Work task:
Using the data beneath this instruction, retype only the lines from the one that contains "current_nonce ← check_execute" down to the one that contains "without a [] = []", both included, exactly as they appear.

Given data:
- Opening Delimiter -
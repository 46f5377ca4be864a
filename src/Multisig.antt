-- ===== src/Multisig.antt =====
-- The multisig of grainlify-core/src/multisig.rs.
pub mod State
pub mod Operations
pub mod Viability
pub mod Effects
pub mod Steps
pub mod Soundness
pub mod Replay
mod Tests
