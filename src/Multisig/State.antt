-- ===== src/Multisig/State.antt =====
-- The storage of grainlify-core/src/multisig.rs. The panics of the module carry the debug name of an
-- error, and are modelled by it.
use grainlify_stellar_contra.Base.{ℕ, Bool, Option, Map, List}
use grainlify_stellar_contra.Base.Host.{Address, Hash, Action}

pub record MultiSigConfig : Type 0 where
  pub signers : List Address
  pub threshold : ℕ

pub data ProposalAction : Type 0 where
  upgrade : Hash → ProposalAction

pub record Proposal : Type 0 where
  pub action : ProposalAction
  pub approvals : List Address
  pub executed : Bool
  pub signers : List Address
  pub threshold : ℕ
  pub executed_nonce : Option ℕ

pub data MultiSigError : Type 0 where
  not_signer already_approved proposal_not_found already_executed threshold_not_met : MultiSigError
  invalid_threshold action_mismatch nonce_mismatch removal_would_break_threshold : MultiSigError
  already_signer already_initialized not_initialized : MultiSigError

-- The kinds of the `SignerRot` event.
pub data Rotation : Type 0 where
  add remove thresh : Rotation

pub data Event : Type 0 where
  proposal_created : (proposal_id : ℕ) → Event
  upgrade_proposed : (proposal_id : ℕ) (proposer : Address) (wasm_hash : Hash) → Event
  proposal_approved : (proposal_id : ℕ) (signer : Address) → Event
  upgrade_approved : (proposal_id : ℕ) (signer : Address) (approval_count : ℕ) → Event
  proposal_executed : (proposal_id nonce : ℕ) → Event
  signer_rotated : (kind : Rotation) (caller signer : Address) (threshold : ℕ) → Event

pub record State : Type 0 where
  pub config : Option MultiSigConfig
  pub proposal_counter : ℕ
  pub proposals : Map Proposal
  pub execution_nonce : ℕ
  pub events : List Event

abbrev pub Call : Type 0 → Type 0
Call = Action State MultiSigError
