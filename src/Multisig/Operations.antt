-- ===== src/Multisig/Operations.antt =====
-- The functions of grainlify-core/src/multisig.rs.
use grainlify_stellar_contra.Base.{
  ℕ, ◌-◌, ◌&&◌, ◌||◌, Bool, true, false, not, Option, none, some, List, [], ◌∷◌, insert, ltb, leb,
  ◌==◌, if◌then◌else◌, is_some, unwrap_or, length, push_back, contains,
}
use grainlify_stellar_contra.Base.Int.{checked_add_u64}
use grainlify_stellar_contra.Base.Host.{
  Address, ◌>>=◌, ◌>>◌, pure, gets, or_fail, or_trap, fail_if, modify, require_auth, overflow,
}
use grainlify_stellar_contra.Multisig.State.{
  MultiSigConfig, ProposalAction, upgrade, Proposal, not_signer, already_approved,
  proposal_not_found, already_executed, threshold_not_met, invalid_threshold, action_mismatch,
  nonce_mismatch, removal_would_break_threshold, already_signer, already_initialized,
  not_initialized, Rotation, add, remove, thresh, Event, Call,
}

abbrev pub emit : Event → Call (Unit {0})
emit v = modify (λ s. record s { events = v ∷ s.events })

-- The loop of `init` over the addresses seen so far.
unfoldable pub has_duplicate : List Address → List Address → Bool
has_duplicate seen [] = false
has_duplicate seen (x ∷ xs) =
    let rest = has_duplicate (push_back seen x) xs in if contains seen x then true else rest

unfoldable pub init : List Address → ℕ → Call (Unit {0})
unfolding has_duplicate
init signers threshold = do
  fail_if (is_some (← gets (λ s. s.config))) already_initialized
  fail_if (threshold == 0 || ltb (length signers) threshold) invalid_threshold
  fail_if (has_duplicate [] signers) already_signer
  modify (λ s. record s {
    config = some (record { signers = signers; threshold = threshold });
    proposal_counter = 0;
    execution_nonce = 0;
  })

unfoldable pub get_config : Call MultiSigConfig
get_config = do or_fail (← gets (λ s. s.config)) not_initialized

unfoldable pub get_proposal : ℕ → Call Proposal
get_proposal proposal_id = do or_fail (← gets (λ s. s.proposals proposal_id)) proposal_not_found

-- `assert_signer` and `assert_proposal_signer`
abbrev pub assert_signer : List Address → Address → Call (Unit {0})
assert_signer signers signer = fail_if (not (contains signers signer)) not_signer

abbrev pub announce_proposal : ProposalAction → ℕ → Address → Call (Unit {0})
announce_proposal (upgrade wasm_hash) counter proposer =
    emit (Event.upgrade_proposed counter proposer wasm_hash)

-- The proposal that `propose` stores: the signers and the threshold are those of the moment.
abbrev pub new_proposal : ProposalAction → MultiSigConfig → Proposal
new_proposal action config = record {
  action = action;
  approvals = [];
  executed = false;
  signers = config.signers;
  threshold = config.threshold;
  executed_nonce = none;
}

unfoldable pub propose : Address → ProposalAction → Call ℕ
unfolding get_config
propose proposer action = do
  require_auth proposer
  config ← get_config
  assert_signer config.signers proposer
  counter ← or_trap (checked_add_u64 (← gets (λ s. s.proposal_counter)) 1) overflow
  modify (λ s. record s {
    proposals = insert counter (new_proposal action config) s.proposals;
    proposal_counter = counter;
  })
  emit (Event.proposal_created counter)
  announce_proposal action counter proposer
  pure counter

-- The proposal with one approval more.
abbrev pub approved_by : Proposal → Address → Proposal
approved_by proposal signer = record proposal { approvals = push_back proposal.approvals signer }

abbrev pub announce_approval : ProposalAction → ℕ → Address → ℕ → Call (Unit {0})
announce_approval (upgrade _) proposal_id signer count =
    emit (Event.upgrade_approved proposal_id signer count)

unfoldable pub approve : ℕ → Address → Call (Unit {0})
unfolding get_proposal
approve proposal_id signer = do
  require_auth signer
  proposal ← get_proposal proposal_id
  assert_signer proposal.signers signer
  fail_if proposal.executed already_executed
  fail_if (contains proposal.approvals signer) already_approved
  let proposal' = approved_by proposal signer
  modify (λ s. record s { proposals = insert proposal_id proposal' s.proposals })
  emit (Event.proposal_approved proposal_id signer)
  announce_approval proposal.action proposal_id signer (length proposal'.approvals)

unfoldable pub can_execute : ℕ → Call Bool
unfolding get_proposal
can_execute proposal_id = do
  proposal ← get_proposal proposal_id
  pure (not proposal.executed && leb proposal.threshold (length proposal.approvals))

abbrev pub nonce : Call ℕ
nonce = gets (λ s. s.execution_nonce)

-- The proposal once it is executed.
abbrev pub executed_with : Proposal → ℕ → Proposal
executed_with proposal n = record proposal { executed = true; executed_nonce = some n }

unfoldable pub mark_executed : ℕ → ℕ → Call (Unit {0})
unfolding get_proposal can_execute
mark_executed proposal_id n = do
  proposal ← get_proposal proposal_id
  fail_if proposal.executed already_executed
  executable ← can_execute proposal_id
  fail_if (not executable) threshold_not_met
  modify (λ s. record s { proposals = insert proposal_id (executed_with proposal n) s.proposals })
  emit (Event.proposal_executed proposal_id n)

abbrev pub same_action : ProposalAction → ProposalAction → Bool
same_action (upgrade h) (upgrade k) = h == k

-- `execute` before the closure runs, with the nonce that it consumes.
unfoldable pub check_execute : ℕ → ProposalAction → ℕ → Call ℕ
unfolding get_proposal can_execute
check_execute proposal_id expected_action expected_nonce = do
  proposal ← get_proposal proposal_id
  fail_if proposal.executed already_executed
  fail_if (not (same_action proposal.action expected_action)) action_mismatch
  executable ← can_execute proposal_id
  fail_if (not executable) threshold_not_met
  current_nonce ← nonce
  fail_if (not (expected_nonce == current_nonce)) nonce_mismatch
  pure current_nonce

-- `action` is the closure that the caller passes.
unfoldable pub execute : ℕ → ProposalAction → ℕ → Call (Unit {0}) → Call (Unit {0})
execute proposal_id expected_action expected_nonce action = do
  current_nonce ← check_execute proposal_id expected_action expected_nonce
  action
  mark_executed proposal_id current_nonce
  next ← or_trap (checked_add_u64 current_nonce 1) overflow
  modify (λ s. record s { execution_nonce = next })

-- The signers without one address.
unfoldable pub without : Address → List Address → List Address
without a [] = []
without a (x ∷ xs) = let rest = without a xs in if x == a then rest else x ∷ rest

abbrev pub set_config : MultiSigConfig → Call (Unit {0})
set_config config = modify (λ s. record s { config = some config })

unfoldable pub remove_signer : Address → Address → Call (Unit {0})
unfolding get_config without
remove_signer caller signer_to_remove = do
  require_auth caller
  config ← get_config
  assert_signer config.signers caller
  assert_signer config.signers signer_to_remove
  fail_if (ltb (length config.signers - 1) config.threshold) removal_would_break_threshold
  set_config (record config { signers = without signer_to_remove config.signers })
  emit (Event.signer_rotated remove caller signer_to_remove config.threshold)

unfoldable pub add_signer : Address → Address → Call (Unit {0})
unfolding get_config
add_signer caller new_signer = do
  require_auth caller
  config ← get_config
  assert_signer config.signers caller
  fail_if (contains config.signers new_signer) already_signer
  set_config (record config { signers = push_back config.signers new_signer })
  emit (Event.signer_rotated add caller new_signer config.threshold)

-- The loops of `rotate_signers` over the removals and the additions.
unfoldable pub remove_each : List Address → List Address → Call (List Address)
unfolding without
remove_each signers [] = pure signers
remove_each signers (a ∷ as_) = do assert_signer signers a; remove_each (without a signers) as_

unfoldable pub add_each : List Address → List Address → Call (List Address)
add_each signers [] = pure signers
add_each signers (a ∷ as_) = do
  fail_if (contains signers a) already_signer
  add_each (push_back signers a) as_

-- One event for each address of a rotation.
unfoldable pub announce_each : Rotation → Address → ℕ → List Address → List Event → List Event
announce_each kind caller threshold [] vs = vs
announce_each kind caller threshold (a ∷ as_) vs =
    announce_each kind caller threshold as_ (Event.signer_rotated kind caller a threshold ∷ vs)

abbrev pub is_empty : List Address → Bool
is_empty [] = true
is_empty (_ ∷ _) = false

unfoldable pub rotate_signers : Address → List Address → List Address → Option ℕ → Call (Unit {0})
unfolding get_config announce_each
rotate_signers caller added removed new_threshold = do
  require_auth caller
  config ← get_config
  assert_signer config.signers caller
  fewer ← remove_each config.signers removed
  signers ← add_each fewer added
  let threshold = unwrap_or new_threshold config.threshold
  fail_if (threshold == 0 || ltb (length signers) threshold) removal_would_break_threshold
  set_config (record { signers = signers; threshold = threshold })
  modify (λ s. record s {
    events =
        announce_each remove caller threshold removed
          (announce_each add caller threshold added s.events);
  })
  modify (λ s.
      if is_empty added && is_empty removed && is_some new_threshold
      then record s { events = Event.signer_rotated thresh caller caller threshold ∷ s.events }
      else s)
- Closing Delimiter -
Output:
  current_nonce ← check_execute proposal_id expected_action expected_nonce
  action
  mark_executed proposal_id current_nonce
  next ← or_trap (checked_add_u64 current_nonce 1) overflow
  modify (λ s. record s { execution_nonce = next })

-- The signers without one address.
unfoldable pub without : Address → List Address → List Address
without a [] = []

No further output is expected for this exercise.